--- START ---

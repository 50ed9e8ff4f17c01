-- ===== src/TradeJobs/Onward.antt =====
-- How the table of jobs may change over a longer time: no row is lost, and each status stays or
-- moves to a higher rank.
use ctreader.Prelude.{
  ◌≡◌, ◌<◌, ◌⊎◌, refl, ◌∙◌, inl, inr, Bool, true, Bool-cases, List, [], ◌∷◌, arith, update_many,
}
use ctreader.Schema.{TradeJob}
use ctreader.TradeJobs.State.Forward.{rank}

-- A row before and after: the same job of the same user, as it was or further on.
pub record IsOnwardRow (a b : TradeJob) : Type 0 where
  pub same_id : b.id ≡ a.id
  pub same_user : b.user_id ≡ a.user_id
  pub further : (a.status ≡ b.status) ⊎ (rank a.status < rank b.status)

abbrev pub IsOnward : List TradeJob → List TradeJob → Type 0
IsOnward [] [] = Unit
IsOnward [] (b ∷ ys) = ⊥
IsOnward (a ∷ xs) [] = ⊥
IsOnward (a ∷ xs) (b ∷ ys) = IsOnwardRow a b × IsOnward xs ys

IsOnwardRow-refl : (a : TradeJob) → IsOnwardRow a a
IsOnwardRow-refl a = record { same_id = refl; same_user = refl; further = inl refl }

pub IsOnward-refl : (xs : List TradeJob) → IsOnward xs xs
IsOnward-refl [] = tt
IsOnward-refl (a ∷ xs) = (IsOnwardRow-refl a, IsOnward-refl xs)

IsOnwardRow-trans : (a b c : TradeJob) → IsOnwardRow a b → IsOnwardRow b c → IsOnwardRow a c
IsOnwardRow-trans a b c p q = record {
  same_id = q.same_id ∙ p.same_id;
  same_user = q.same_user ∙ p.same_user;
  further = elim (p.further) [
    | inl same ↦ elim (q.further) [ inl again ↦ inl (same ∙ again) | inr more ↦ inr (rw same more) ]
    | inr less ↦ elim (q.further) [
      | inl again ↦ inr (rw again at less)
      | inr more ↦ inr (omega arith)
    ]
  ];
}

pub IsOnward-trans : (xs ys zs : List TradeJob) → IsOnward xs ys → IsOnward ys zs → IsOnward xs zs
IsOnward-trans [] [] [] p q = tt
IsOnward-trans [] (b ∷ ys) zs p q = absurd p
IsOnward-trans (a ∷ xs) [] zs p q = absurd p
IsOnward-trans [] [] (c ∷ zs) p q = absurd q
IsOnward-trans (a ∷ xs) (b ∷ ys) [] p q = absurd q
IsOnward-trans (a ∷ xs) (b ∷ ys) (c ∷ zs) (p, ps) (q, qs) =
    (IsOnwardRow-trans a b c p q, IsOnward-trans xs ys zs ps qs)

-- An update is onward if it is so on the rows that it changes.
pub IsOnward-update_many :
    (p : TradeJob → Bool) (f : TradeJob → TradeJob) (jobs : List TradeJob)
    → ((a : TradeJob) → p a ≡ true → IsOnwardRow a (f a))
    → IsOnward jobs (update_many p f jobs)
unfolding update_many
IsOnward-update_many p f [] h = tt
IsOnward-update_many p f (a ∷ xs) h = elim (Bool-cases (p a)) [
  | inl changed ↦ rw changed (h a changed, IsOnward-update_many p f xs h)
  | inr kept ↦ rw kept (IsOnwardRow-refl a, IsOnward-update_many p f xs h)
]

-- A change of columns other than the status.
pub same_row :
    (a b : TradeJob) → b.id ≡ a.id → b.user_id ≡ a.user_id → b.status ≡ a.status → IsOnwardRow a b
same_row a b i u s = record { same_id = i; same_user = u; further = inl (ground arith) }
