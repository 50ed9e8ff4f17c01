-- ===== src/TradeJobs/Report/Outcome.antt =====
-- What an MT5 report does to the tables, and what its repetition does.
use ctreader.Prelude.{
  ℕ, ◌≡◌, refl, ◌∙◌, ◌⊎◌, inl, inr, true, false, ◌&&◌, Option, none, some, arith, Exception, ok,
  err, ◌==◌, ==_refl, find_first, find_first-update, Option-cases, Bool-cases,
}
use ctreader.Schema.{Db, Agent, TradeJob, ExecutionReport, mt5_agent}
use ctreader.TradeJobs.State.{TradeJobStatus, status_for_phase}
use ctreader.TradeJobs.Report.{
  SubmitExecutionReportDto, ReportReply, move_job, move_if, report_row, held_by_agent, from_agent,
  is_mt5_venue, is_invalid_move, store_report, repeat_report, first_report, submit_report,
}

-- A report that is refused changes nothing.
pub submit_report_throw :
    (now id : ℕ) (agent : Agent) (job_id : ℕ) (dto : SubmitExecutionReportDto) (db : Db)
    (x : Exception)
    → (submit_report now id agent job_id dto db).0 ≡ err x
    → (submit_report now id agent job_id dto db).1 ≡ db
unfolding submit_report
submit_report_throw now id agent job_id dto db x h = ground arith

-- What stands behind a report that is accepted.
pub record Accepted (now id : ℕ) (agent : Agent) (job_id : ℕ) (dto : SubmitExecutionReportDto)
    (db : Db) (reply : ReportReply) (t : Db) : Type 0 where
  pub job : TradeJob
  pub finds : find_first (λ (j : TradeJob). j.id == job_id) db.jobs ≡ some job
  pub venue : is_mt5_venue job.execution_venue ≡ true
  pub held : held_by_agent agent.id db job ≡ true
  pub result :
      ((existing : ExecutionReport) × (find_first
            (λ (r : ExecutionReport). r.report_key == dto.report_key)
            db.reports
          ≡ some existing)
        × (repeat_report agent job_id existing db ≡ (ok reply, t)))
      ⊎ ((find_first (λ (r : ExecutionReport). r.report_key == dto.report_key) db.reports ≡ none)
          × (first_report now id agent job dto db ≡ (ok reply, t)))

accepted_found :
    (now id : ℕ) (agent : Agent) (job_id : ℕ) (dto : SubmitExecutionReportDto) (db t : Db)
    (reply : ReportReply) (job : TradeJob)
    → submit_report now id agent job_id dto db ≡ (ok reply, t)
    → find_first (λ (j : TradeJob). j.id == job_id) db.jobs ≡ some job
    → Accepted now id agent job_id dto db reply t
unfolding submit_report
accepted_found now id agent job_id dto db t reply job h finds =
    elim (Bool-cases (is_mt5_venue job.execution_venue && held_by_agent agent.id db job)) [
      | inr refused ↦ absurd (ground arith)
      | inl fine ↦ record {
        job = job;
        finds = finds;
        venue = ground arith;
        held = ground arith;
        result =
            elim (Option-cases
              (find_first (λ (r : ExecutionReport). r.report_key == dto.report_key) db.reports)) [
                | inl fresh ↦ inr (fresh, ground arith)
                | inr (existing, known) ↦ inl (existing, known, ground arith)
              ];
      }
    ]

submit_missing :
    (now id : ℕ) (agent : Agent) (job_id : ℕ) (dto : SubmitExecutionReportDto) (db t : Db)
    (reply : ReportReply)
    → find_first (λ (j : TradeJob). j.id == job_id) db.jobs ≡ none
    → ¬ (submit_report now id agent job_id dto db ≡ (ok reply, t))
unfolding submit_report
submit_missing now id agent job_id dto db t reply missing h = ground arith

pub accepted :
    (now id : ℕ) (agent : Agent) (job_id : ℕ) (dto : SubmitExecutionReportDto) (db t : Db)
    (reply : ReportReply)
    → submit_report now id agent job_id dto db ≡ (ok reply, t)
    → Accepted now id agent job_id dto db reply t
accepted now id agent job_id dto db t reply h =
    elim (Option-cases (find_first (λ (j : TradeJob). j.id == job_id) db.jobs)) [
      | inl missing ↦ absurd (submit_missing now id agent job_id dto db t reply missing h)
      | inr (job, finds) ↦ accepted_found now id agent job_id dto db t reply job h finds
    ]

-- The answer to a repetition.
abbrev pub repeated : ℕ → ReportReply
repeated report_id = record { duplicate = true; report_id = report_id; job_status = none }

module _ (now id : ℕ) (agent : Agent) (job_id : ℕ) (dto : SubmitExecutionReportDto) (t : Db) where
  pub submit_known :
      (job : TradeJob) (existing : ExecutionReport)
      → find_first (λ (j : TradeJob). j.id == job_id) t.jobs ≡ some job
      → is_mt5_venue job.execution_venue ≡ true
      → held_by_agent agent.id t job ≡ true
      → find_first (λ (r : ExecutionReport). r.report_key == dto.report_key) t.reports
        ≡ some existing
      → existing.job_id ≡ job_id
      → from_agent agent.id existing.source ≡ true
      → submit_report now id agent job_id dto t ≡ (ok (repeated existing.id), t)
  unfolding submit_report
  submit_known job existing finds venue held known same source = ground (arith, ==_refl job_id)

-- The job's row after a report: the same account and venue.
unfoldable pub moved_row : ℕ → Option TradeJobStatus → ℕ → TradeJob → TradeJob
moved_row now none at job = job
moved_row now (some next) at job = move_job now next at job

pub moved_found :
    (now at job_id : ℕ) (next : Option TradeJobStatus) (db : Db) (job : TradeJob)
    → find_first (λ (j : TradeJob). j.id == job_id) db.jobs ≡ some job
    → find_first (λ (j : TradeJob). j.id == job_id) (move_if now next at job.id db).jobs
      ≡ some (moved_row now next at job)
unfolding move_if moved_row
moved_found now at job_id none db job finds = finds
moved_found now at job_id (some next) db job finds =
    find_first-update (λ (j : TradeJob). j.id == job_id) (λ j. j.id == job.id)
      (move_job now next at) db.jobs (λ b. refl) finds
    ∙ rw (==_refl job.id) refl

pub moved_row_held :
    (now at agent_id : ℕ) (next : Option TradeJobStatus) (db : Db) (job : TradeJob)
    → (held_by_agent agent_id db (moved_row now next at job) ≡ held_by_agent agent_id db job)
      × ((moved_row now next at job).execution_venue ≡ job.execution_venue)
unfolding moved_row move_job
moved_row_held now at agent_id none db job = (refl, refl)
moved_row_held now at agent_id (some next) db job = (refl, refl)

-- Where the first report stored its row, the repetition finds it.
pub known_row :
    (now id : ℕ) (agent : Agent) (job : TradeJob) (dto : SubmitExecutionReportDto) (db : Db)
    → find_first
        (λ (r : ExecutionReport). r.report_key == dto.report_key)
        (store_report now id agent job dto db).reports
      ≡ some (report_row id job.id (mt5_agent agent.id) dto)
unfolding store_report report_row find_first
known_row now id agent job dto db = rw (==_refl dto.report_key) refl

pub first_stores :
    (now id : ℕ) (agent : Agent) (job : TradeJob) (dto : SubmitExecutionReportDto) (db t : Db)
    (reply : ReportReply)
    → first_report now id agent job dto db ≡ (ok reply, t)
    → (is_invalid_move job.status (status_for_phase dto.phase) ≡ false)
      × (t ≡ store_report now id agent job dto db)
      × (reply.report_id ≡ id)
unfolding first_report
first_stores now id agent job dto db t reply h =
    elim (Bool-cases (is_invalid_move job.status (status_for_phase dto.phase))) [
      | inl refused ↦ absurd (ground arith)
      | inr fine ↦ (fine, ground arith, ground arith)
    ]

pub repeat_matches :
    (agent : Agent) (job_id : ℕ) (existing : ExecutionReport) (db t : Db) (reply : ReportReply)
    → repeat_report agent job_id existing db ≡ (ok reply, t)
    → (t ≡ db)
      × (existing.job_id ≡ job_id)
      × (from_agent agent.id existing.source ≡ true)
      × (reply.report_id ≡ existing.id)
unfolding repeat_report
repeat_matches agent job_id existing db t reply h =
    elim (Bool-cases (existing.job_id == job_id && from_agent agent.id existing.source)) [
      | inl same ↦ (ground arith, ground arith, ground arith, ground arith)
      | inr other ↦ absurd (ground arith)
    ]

--- END ---

» **Task instructions**:
Using the data above, reproduce exactly the lines between those holding "repeated report_id = record" and "t.jobs ≡ some job", inclusive, and no others.

» **Response for this exercise**:
repeated report_id = record { duplicate = true; report_id = report_id; job_status = none }

module _ (now id : ℕ) (agent : Agent) (job_id : ℕ) (dto : SubmitExecutionReportDto) (t : Db) where
  pub submit_known :
      (job : TradeJob) (existing : ExecutionReport)
      → find_first (λ (j : TradeJob). j.id == job_id) t.jobs ≡ some job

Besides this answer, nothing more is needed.